Monday, June 26, 2006

self-loathing

NATHAN FROM SYNERGY (LONG HAIRED TREECLIMBING BEERBREWING PARIS-KNOWING NATHAN?) IF YOU READ THIS, EMAIL ME WITH YOUR ADDRESS CUZ ITS NOT WORKING WHEN I JUST REPLY TO YOUR EMAIL AND I CANT REMEMBER YOUR LAST NAME TO TRACK YOU DOWN.

Dear Blue Cheesers and others,

In case you didn't read the subject line, this one's about self-loathing.

I'm here in my grandparents' house again, this time with my mother too, after a month in Singapore where my parents and I started work on a documentary based on a dance-poetry-theatre project called Navashwaasam which I/we have been working on for 9 months. If this documentary comes together it could be a fantastic resource to learn and teach and dialogue about art, history, science, education,democracy, beauty, truth, and creative resistance.

As that work flows on, the next project looms. September 11th 2006 is the centennial anniversary of Gandhi's declaration of satyaagraha in Johannesburg. It's also 5 years after the WTC and Pentagon bombings. Peace groups are using the occasion to call for a world-wide pledge of non-violence. I'd like to use one of the parts of Navashwaasam, a poem by Emmanuel Ortiz called Moment of Silence, and add a mirror-image echo in a poetic litany of the various triumphs that the Other World has seen (that CNN has not). Preferably with a group.

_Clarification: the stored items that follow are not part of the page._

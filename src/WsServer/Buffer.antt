-- ===== src/WsServer/Buffer.antt =====
-- `WsResultBuf`, `fill_buf` and the reading side of `wait_and_take_binary` in src/manager/ws_server.rs.
use sigchat.Base.{
  ℕ, ◌*◌, ◌%◌, ◌^◌, ◌≤◌, ◌≡◌, refl, ap, ◌++◌, [], ◌∷◌, Option, none, some, ltb, leb, ◌==◌,
  if◌then◌else◌, length, take, drop, arith,
}
use sigchat.Text.{Bytes}

-- 64 KiB; unfolded where its value matters.
unfoldable pub ws_provision_max : ℕ
ws_provision_max = 64 * 1024

pub record WsResultBuf : Type 0 where
  pub status : ℕ
  pub len : ℕ
  pub bytes : Bytes

-- What the array type says: it is as long as it is declared.
abbrev pub IsArray : WsResultBuf → Type 0
IsArray b = length b.bytes ≡ ws_provision_max

pub data PendingResult : Type 0 where
  binary : Bytes → PendingResult
  closed timed_out cancelled error : PendingResult

-- `WsResult`; of an error only its kind is kept.
pub data WsResult : Type 0 where
  binary : Bytes → WsResult
  closed timed_out cancelled invalid_data other_error : WsResult

-- The payload after the match of `fill_buf`; `none` is the panic of a slice beyond the array.
unfoldable pub fill : WsResultBuf → PendingResult → Option WsResultBuf
fill payload (PendingResult.binary b) =
    if leb (length b) (length payload.bytes)
    then some
        (record { status = 0; len = length b % 2 ^ 32; bytes = b ++ drop (length b) payload.bytes })
    else none
fill payload PendingResult.closed = some (record payload { status = 1 })
fill payload PendingResult.timed_out = some (record payload { status = 2 })
fill payload PendingResult.cancelled = some (record payload { status = 3 })
fill payload PendingResult.error = some (record payload { status = 4 })

-- What `wait_and_take_binary` makes of the buffer that came back.
unfoldable pub take_result : WsResultBuf → WsResult
take_result result =
    if result.status == 0
    then (if ltb ws_provision_max result.len
        then WsResult.invalid_data
        else WsResult.binary (take result.len result.bytes))
    else if result.status == 1
    then WsResult.closed
    else if result.status == 2
    then WsResult.timed_out
    else if result.status == 3
    then WsResult.cancelled
    else WsResult.other_error

-- The result that a pending one is read back as.
unfoldable pub as_result : PendingResult → WsResult
as_result (PendingResult.binary b) = WsResult.binary b
as_result PendingResult.closed = WsResult.closed
as_result PendingResult.timed_out = WsResult.timed_out
as_result PendingResult.cancelled = WsResult.cancelled
as_result PendingResult.error = WsResult.other_error

-- A result whose bytes fit the array.
abbrev pub Fits : PendingResult → Type 0
Fits (PendingResult.binary b) = length b ≤ ws_provision_max
Fits _ = Unit

take-length_append : (xs ys : Bytes) → take (length xs) (xs ++ ys) ≡ xs
take-length_append [] ys = refl
take-length_append (x ∷ xs) ys = ap (λ r. x ∷ r) (take-length_append xs ys)

pub fill_fits :
    (payload : WsResultBuf) (b : Bytes)
    → IsArray payload
    → length b ≤ ws_provision_max
    → fill payload (PendingResult.binary b)
      ≡ some (record {
        status = 0;
        len = length b % 2 ^ 32;
        bytes = b ++ drop (length b) payload.bytes;
      })
unfolding fill
fill_fits payload b array fits = ground arith

take_result_binary :
    (b rest : Bytes)
    → length b ≤ ws_provision_max
    → take_result (record { status = 0; len = length b % 2 ^ 32; bytes = b ++ rest })
      ≡ WsResult.binary b
unfolding take_result ws_provision_max
take_result_binary b rest fits =
    let small : length b % 2 ^ 32 ≡ length b = omega arith in
    let whole : take (length b) (b ++ rest) ≡ b = take-length_append b rest in grind arith

-- The buffer hands over what the worker put in: whatever a full-sized page held before, a result whose
-- bytes fit is written without a panic and read back as itself.
pub take_result-fill :
    (payload : WsResultBuf) (result : PendingResult)
    → IsArray payload
    → Fits result
    → (filled : WsResultBuf) × (fill payload result ≡ some filled)
      × (take_result filled ≡ as_result result)
unfolding fill as_result take_result
take_result-fill payload (PendingResult.binary b) array fits = (
  record { status = 0; len = length b % 2 ^ 32; bytes = b ++ drop (length b) payload.bytes },
  fill_fits payload b array fits,
  take_result_binary b (drop (length b) payload.bytes) fits,
)
take_result-fill payload PendingResult.closed array fits =
    (record payload { status = 1 }, refl, refl)
take_result-fill payload PendingResult.timed_out array fits =
    (record payload { status = 2 }, refl, refl)
take_result-fill payload PendingResult.cancelled array fits =
    (record payload { status = 3 }, refl, refl)
take_result-fill payload PendingResult.error array fits =
    (record payload { status = 4 }, refl, refl)
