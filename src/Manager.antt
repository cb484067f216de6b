-- ===== src/Manager.antt =====
-- src/manager.rs: linking this device, and starting to receive. The other methods of the file are
-- `todo!()` stubs.
pub mod Config
pub mod Settings
pub mod Settled
pub mod Receive
use sigchat.Base.{
  ℕ, ◌++◌, Bool, true, false, [], Option, none, some, Result, ok, err, Exec, pure, raise, to_option,
  unwrap_or, map_err, ok_or, ◌>>=◌, ◌>>◌, ◌==◌, if◌then◌else◌, length,
}
use sigchat.Text.{Bytes, codes}
use sigchat.Io.{ErrorKind}
use sigchat.WsServer.Buffer.{WsResult, binary}
use sigchat.Provision.Types.{IdentityKeyPair, ProvisionMessage, ProvisioningUuid}
use sigchat.Provision.Cipher.{decode_message, decode_uuid, generate_identity_key_pair}
use sigchat.Account.Fields.{Account, Failure, failed, panicked, chat_host}
use sigchat.Account.Link
use sigchat.Account.Link.{Linking, World}

-- What one read of the provisioning websocket brings.
pub data Read : Type 0 where
  read_binary : Bytes → Read
  read_other read_failed : Read

-- What `link` calls outside the repository, or of a thread: the websocket, the dialogs and the server
-- that holds the websocket, over their state.
pub record Outside : Type 1 where
  pub State : Type 0
  pub Ws : Type 0
  pub Server : Type 0
  -- `SignalWS::new_provision`, `read_once` with a limit in milliseconds, `close`
  pub new_provision : Exec ErrorKind State Ws
  pub read_once : Ws → ℕ → State → Read × State
  pub close : Ws → State → State
  -- `Url::parse_with_params` of the uuid and the public key, and `STANDARD_NO_PAD.encode`
  pub link_uri : Bytes → Bytes → Option Bytes
  pub encode_no_pad : Bytes → Bytes
  -- `XousNames::new` and `Modals::new`, and the dialog with the QR code
  pub new_modals : State → Bool × State
  pub show_uri : Bytes → State → Bool × State
  -- `SignalWsServer::spawn` with a limit in seconds, which may panic, `wait_and_take_binary`, `cancel`
  pub spawn : Ws → ℕ → Exec Failure State Server
  pub wait_and_take_binary : Server → State → WsResult × State
  pub cancel : Server → State → State

module _ {Host : Type 0} (x : Linking Host) (o : Outside) where
  open x use {keys, ciphers}
  open o use {State, Ws, Server}

  pub record Linker : Type 0 where
    pub world : World x
    pub outside : State

  abbrev pub outside_step : {A : Type 0} → (State → A × State) → Exec Failure Linker A
  outside_step f w = let (a, s) = f w.outside in (ok a, record w { outside = s })

  abbrev pub outside_change : (State → State) → Exec Failure Linker (Unit {0})
  outside_change f w = (ok tt, record w { outside = f w.outside })

  abbrev pub connect : Exec Failure Linker Ws
  connect w = let (r, s) = o.new_provision w.outside in (map_err failed r, record w { outside = s })

  abbrev pub link_err : {A : Type 0} → Exec Failure Linker A
  link_err = raise (failed ErrorKind.other)

  -- `ws.close(); return Err(link_err)` where there is no value.
  abbrev pub or_close : {A : Type 0} → Ws → Option A → Exec Failure Linker A
  or_close ws none = outside_change (o.close ws) >> link_err
  or_close ws (some a) = pure a

  abbrev uuid_text : Option ProvisioningUuid → Option Bytes
  uuid_text none = none
  uuid_text (some pu) = some pu.id

  abbrev pub uuid_of : Read → Option Bytes
  uuid_of (read_binary b) = uuid_text (to_option (decode_uuid keys ciphers b))
  uuid_of read_other = none
  uuid_of read_failed = none

  -- The public key for the URI, of 33 bytes.
  abbrev pub pub_key_of : IdentityKeyPair → Option Bytes
  pub_key_of pair =
      let b = unwrap_or (ciphers.decode pair.djb_identity_key.key) [] in
      if length b == 33 then some (o.encode_no_pad b) else none

  abbrev pub when : Bool → Option (Unit {0})
  when true = some tt
  when false = none

  abbrev pub generated : Exec Failure Linker IdentityKeyPair
  generated w =
      let (pair, rng) = generate_identity_key_pair keys ciphers w.world.rng in
      (ok pair, record w { world = record w.world { rng = rng } })

  -- An error of the start is `link_err`; a panic of it stays one.
  abbrev pub served : Result Failure Server → Result Failure Server
  served (ok server) = ok server
  served (err (failed e)) = err (failed ErrorKind.other)
  served (err panicked) = err panicked

  abbrev pub serve : Ws → Exec Failure Linker Server
  serve ws w = let (r, s) = o.spawn ws 180 w.outside in (served r, record w { outside = s })

  -- The dialog failed: the server is cancelled.
  abbrev pub or_cancel : Server → Bool → Exec Failure Linker (Unit {0})
  or_cancel server true = pure tt
  or_cancel server false = outside_change (o.cancel server) >> link_err

  -- An error of `account.link` is `Ok(false)`; a panic of it stays one.
  abbrev pub linked : Result Failure Bool × World x → State → Result Failure Bool × Linker
  linked (ok r, world) s = (ok r, record { world = world; outside = s })
  linked (err (failed e), world) s = (ok false, record { world = world; outside = s })
  linked (err panicked, world) s = (err panicked, record { world = world; outside = s })

  abbrev pub register : Bytes → Result ErrorKind ProvisionMessage → Exec Failure Linker Bool
  register name (ok m) w = linked (Link.link x name m w.world) w.outside
  register name (err e) w = link_err w

  abbrev pub registration : Bytes → IdentityKeyPair → WsResult → Exec Failure Linker Bool
  registration name pair (binary b) = register name (decode_message keys ciphers pair b)
  registration name pair _ = link_err

  -- From the websocket to the server that holds it.
  unfoldable pub hand_over : Ws → Exec Failure Linker (IdentityKeyPair × Server × Bytes)
  hand_over ws = do
    first ← outside_step (o.read_once ws 5000)
    uuid ← or_close ws (uuid_of first)
    identity_key_pair ← generated
    pub_key ← or_close ws (pub_key_of identity_key_pair)
    device_link_uri ← or_close ws (o.link_uri uuid pub_key)
    modals ← outside_step o.new_modals
    or_close ws (when modals)
    server ← serve ws
    pure (identity_key_pair, server, device_link_uri)

  -- The server is cancelled whatever came of the wait.
  unfoldable pub await : Bytes → IdentityKeyPair → Server → Bytes → Exec Failure Linker Bool
  await name identity_key_pair server device_link_uri = do
    shown ← outside_step (o.show_uri device_link_uri)
    or_cancel server shown
    result ← outside_step (o.wait_and_take_binary server)
    outside_change (o.cancel server)
    registration name identity_key_pair result

  unfoldable pub link : Bytes → Exec Failure Linker Bool
  link name = do ws ← connect; held ← hand_over ws; await name held.0 held.1 held.2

Preferably as a tangible action in a people's movement that honors and protects an earthly resource. Preferably disobedient, though thoroughly civil, and definitely non-violent. If this project comes together it could captivate and activate audiences around the world.

I'm also working on a projectwith/for my dance teacher who, after seeing Navashwaasam, has started treating me like a fellow dance-maker, an adult, a professional, notjust another good student. She wants to explore Chaanakya, an Indian Machiavelli, especially with respect to his views on women, and especially through three women characters Draupadi, Mira Bai, andSavitri, all of whom, she says, maintained a facade of subserviencewhile in fact being subversive, even revolutionary. I'm in charge offiguring out the Savitri part. My mother suggested looking atAurobindo's Savitri. Now I'm hooked. Every time my mother walks through the room looking like she's not doing anything in particular I ask her to read Savitri with me. It's a meditation in itself. We'replaying around with an idea of a costume that can be flipped back and forth to show both Death and Savitri as they converse. If this project comes together it could be spiritually and artistically mind-blowing,a whole other level of Humanness and Being.

That all not sound much like self-loathing to you? Oh, but it is. I would say you don't even know how much it is, but if you're on this email list maybe you do.

I loathe having the privilege of intelligence, talent, lack of any severe physical deformity, and a family who made it their priority toprovide me access to an exceptional institutional education. It doesn't matter that this blessed family support, this home education, now allows me to break free of all manners of prisons, institutional, emotional, physical, and otherwise. My privilege is still thoroughly loathable. And no matter how much I scrub my own clothes or clean the bathroom or dig my own holes or powder the dry ginger on a stone instead of in the grinder, that privilege will never go away. I will still be the elite. I loathe the elite. I loathe that I've never been hungry. Oh sure, there are times likewhen we got lost in Chapada Diamantina and had to do Cobra Watch all night and I came back to the poussada thinking I was ravenous. But when have I truly known Hunger? And now when I'm about to eat the delicious dish my grandma made for breakfast in which the wheat grains are wonderfully chewy and the ginger (grown in our yard) just zings out, and after morning yoga, and my regular meager intake the previous evening, my hunger is the very best spice, just then, the women carrying heavy stones on their heads come in the gate and I lose my appetite. The stones are to lay the foundation for the staircase to the second floor that will be built by them, instead of by me and my mother (and guests), the ones who will actually live there. The stones probably come from blasting a sacred mountain in front of our house, a blasting I was so vehemently railing against just a few months back. My self-loathing at the sight of these women stops me from taking the second helping which I always take though my body never needs it.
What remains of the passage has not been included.